Learn about a variety of topics concerning domestic life in the 19th century, including fashion, cuisine, technology, material culture and more!  You must pre-register.  Space is limited.


The Symposium will be held on Saturday, Nov. 13, 2021;  9:00 am - 4:00 pm

Our all-day symposium is comprised of an array of lectures spanning the late-18th through mid-19th century.  Four renowned speakers will present on a variety of topics relating to the late 18th century through mid-19th century.


Optional Workshops will again be offered Pre- and Post-Symposium, Nov. 12 & 14, 2021; 9:30 am - 4:00 pm.

For an extra fee, you can also attend both pre- and post-conference hands-on workshops in a variety of subjects.  Workshops are listed in the downloadable program booklet below.


2021 registration is expected to open in late August 2021.  Please check back!


Please take a look at last year's program for an example of the kind of presentations to expect.

2019 Presentations:

"A Story in the Threads: The Clothing of Enslaved Women in the Antebellum South" by Cheyney McKnight, Public Historian and Proprietor of Not Your Momma's History.
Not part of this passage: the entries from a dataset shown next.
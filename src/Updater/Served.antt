-- ===== src/Updater/Served.antt =====
-- Which file the classifier answers from, after any updates.
use sentrydns.Base.{
  arith, refl, ℕ, ◌≡◌, Bool, true, false, not, Option, none, some, ◌==◌, if◌then◌else◌, take, Text,
  Bool-cases, ◌⊎◌, inl, inr, ap, sym, ◌∙◌,
}
use sentrydns.StateFile.{Json}
use sentrydns.Netip.{Netip}
use sentrydns.Classifier
use sentrydns.Classifier.{Classifier, LoadError, not_read, Result, ok, err, reload}
use sentrydns.Classifier.Ranges.{reload_lem}
use sentrydns.Updater.{
  Updater, Download, Cidr, max_read_bytes, contains_valid_cidr, set_update_success, finish, replace,
  receive, of_reply, update,
}

-- `New` makes this classifier of this file.
abbrev pub Serves : Netip → Text → Classifier → Type 0
Serves net text c = Classifier.new net true (some text) ≡ ok c

-- An update that reports success has put the text to use, and one that does not has left the
-- classifier alone.
abbrev pub Settled : Netip → Text → Updater → Updater → Type 0
Settled net text u u' =
    ((u'.last_update_success ≡ true) × Serves net text u'.classifier × (u'.file ≡ some text))
    ⊎ ((u'.last_update_success ≡ false) × (u'.classifier ≡ u.classifier))

new_complete :
    (net : Netip) (scanned reopened : Bool) (text : Text) (c : Classifier)
    → Classifier.new net scanned (if reopened then some text else none) ≡ ok c
    → Serves net text c
unfolding Classifier.new
new_complete net true true text c h = h
new_complete net false true text c h = absurd (ground (arith, h))
new_complete net scanned false text c h = absurd (ground (arith, h))

finish-ok :
    (json : Json) (d : Download) (u : Updater)
    → ((finish json d none u).last_update_success ≡ true)
      × ((finish json d none u).classifier ≡ u.classifier)
      × ((finish json d none u).file ≡ u.file)
unfolding finish
finish-ok json d u = (ground arith, ground arith, ground arith)

pub failed :
    (json : Json) (d : Download) (u : Updater)
    → ((set_update_success json d false u).last_update_success ≡ false)
      × ((set_update_success json d false u).classifier ≡ u.classifier)
      × ((set_update_success json d false u).file ≡ u.file)
unfolding set_update_success
failed json d u = (ground arith, ground arith, ground arith)

replace-Settled :
    (json : Json) (net : Netip) (d : Download) (text : Text) (u : Updater)
    → Settled net text u (replace json net d text u)
unfolding replace finish
replace-Settled json net d text u = elim (Bool-cases d.renamed) [
  | inr e ↦ rw e (let f = failed json d u in inr (f.0, f.1))
  | inl e ↦ elim (reload_lem net d.scanned (if d.reopened then some text else none) u.classifier) [
    | inl (why, bad, r) ↦
        rw (e, r) (let f = failed json d (record u { file = some text }) in inr (f.0, f.1))
    | inr (c, good, r) ↦
        rw (e, r)
          (let f = finish-ok json d (record u { file = some text; classifier = c }) in
            inl (f.0, new_complete net d.scanned d.reopened text c good ∙ sym (ap ok (f.1)), f.2))
  ]
]

-- What an update may do: nothing to the classifier, or put a downloaded body to use, cut off at the
-- limit, of which ten lines that the scanner saw are ranges.
abbrev pub Updated : Netip → Cidr → Download → Updater → Updater → Type 0
Updated net cidr d u u' =
    ((body : Text) × (d.reply ≡ some (200, body))
      × (contains_valid_cidr cidr d (take max_read_bytes body) ≡ true)
      × (u'.last_update_success ≡ true)
      × Serves net (take max_read_bytes body) u'.classifier
      × (u'.file ≡ some (take max_read_bytes body)))
    ⊎ ((u'.last_update_success ≡ false) × (u'.classifier ≡ u.classifier))

if-Updated :
    (net : Netip) (cidr : Cidr) (d : Download) (u : Updater) (b : Bool) (x y : Updater)
    → (b ≡ true → Updated net cidr d u x)
    → (b ≡ false → Updated net cidr d u y)
    → Updated net cidr d u (if b then x else y)
if-Updated net cidr d u true x y p q = p refl
if-Updated net cidr d u false x y p q = q refl

receive-Updated :
    (json : Json) (net : Netip) (cidr : Cidr) (d : Download) (status : ℕ) (body : Text)
    (u : Updater)
    → d.reply ≡ some (status, body)
    → Updated net cidr d u (receive json net cidr d status body u)
unfolding receive
receive-Updated json net cidr d status body u e =
    let text = take max_read_bytes body in
    let f = failed json d u in
    let bad : Updated net cidr d u (set_update_success json d false u) = inr (f.0, f.1) in
    if-Updated net cidr d u (not (status == 200)) _ _ (λ h. bad)
      (λ h.
        if-Updated net cidr d u (not d.created) _ _ (λ h1. bad)
          (λ h1.
            if-Updated net cidr d u (not d.copied) _ _ (λ h2. bad)
              (λ h2.
                if-Updated net cidr d u (not (contains_valid_cidr cidr d text)) _ _ (λ h3. bad)
                  (λ h3. elim (replace-Settled json net d text u) [
                    | inl s ↦ inl (
                      body,
                      e ∙ ap (λ (n : ℕ). some (n, body)) (ground (arith, h)),
                      ground (arith, h3),
                      s.0,
                      s.1,
                      s.2,
                    )
                    | inr s ↦ inr s
                  ]))))

of_reply-Updated :
    (json : Json) (net : Netip) (cidr : Cidr) (d : Download) (o : Option (ℕ × Text)) (u : Updater)
    → d.reply ≡ o
    → Updated net cidr d u (of_reply json net cidr d o u)
unfolding of_reply
of_reply-Updated json net cidr d none u e = let f = failed json d u in inr (f.0, f.1)
of_reply-Updated json net cidr d (some (status, body)) u e =
    receive-Updated json net cidr d status body u e

-- An update either fails, reports it and leaves the classifier as it was, or reports success: then the
-- response had the status 200, the scanner saw ten ranges among the lines of its body (of at most 100
-- MB), that body is now the file, and the classifier is what `New` makes of the whole of it.
pub update-Updated :
    (json : Json) (net : Netip) (cidr : Cidr) (d : Download) (u : Updater)
    → Updated net cidr d u (update json net cidr d u)
unfolding update
update-Updated json net cidr d u = of_reply-Updated json net cidr d d.reply u refl
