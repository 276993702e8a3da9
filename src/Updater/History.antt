-- ===== src/Updater/History.antt =====
-- Any number of updates, one after the other.
use sentrydns.Base.{
  arith, refl, ◌≡◌, Bool, true, false, none, some, List, [], ◌∷◌, take, Text, if◌then◌else◌, ◌⊎◌,
  inl, inr, sym, ◌∙◌, ap, Any, here, there,
}
use sentrydns.StateFile.{Json}
use sentrydns.Netip.{Netip}
use sentrydns.Classifier
use sentrydns.Classifier.{Classifier, LoadError, not_read, Result, ok, err, reload}
use sentrydns.Updater.{
  Updater, Download, Cidr, max_read_bytes, contains_valid_cidr, set_update_success, finish, replace,
  receive, of_reply, update, run,
}
use sentrydns.Updater.Served.{Serves, update-Updated, failed}

-- The classifier is what `New` makes of the body of this download, which passed the test.
abbrev pub Source : Netip → Cidr → Classifier → Download → Type 0
Source net cidr c d =
    (body : Text) × (d.reply ≡ some (200, body))
    × (contains_valid_cidr cidr d (take max_read_bytes body) ≡ true)
    × Serves net (take max_read_bytes body) c

-- Whatever the server answers and whichever calls fail, after any updates the classifier is the one it
-- was before them, or what `New` makes of the body of one of the responses, cut off after 100 MB, which
-- had the status 200 and passed the test for ten ranges: `New` read all of it without an error.
pub run-Source :
    (json : Json) (net : Netip) (cidr : Cidr) (ds : List Download) (u : Updater)
    → ((run json net cidr ds u).classifier ≡ u.classifier)
      ⊎ Any (Source net cidr (run json net cidr ds u).classifier) ds
unfolding run
run-Source json net cidr [] u = inl refl
run-Source json net cidr (d ∷ ds) u =
    let u' = update json net cidr d u in
    elim (run-Source json net cidr ds u') [
      | inr f ↦ inr (there f)
      | inl same ↦ elim (update-Updated json net cidr d u) [
        | inl (body, reply, enough, won, serves, file) ↦
            inr (here (body, reply, enough, serves ∙ sym (ap ok same)))
        | inr (lost, kept) ↦ inl (same ∙ kept)
      ]
    ]

new-not_read :
    (net : Netip) (scanned : Bool) (text : Text)
    → scanned ≡ false
    → Classifier.new net scanned (some text) ≡ err not_read
unfolding Classifier.new
new-not_read net scanned text h = ground (arith, h)

reload-not_read :
    (net : Netip) (d : Download) (text : Text) (c : Classifier)
    → d.reopened ≡ true
    → d.scanned ≡ false
    → reload net d.scanned (if d.reopened then some text else none) c ≡ (c, some not_read)
unfolding reload Classifier.new
reload-not_read net d text c reopened scanned =
    ap (λ b. reload net d.scanned (if b then some text else none) c) reopened
    ∙ ap (λ b. reload net b (some text) c) scanned

replace-failed :
    (json : Json) (net : Netip) (d : Download) (text : Text) (u : Updater) (why : LoadError)
    → reload net d.scanned (if d.reopened then some text else none) u.classifier
      ≡ (u.classifier, some why)
    → d.renamed ≡ true
    → replace json net d text u ≡ set_update_success json d false (record u { file = some text })
unfolding replace finish
replace-failed json net d text u why e renamed = rw (e, renamed) refl

receive-replace :
    (json : Json) (net : Netip) (cidr : Cidr) (d : Download) (body : Text) (u : Updater)
    → d.created ≡ true
    → d.copied ≡ true
    → contains_valid_cidr cidr d (take max_read_bytes body) ≡ true
    → receive json net cidr d 200 body u ≡ replace json net d (take max_read_bytes body) u
unfolding receive
receive-replace json net cidr d body u created copied enough = ground arith

update-set_update_success :
    (json : Json) (net : Netip) (cidr : Cidr) (d : Download) (body : Text) (u : Updater)
    → d.reply ≡ some (200, body)
    → d.created ≡ true
    → d.copied ≡ true
    → d.renamed ≡ true
    → d.reopened ≡ true
    → d.scanned ≡ false
    → contains_valid_cidr cidr d (take max_read_bytes body) ≡ true
    → update json net cidr d u
      ≡ set_update_success json d false (record u { file = some (take max_read_bytes body) })
unfolding update of_reply
update-set_update_success json net cidr d body u reply created copied renamed reopened scanned
      enough =
    let text = take max_read_bytes body in
    ap (λ o. of_reply json net cidr d o u) reply
    ∙ receive-replace json net cidr d body u created copied enough
    ∙ replace-failed json net d text u not_read
        (reload-not_read net d text u.classifier reopened scanned) renamed

-- A downloaded text of which ten lines are ranges, but which the scanner of the classifier cannot
-- read to its end (a line is too long), takes the place of the file when every other call succeeds,
-- although the update fails and the classifier stays the old one: the next start, which loads the
-- same file, gets an error in place of a classifier.
pub update-not_read :
    (json : Json) (net : Netip) (cidr : Cidr) (d : Download) (body : Text) (u : Updater)
    → d.reply ≡ some (200, body)
    → d.created ≡ true
    → d.copied ≡ true
    → d.renamed ≡ true
    → d.reopened ≡ true
    → d.scanned ≡ false
    → contains_valid_cidr cidr d (take max_read_bytes body) ≡ true
    → ((update json net cidr d u).classifier ≡ u.classifier)
      × ((update json net cidr d u).last_update_success ≡ false)
      × ((update json net cidr d u).file ≡ some (take max_read_bytes body))
      × (Classifier.new net d.scanned (update json net cidr d u).file ≡ err not_read)
update-not_read json net cidr d body u reply created copied renamed reopened scanned enough =
    let text = take max_read_bytes body in
    let e =
      update-set_update_success json net cidr d body u reply created copied renamed reopened scanned
        enough in
    let f = failed json d (record u { file = some text }) in
    (
      ap (λ v. v.classifier) e ∙ f.1,
      ap (λ v. v.last_update_success) e ∙ f.0,
      ap (λ v. v.file) e ∙ f.2,
      ap (Classifier.new net d.scanned) (ap (λ v. v.file) e ∙ f.2)
          ∙ new-not_read net d.scanned text scanned,
    )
"What's On The Table? An Exploration of Regional Shifts in Colonial Mid-Atlantic Foodways" by Lavada Nahon, Culinary Historian-Cook-Independent Scholar

"Stitching for Freedom: Quilts, Sewing Groups, and the Anti-Slavery Movement" by Judy Deyo, GCV&M Hand-Quilter and former educator.

"Upon These Shoulders: Speaking Truth to Power. The Freedom Fighters in Upstate New York." by David Shakes, Actor, Director, Producer and Historical Interpreter.



On Saturday we will once again offer a free a buffet luncheon to registrants, consisting of receipts selected from various 18th- and 19th-century period cookery books!   (Please do keep in mind that historic receipts do not always follow modern-day dietary needs and restrictions, and plan accordingly.  If your dietary needs are very specific, you may feel free to bring your own lunch to enjoy or visit one of several local restaurants in the area.)




Salamongundy      Meat-free Salamongundy (V)

Hosmer's Inn Dressing (V, DF)      A Most Delicious Salad Sauce (Anchovy)

Roasted Chicken with Chestnuts (Bacon or ham, chestnut stuffing)

An Onion Pye (V)        Fried Celery (V)

Irish Pickles (V, DF)       Sweet Pickled Beets (V, DF)       Preserved Carrots (V, DF)

Excellent Rolls (V)

Sweet Butter

Plumb Cake (V, Almonds)       Nougat of Quince (V, Almonds)

Coffee, Tea, Soda, Peach Shrub, Water


Check-in begins at 8:00 am on Saturday, November 13, for the symposium.  Check-in will be held in the Meeting Center adjacent to the main admissions tunnel.

Check-in for optional pre- and post-conference workshops begins at the Conference and Banquet Center at 8:30 am on Nov. 12 & 14.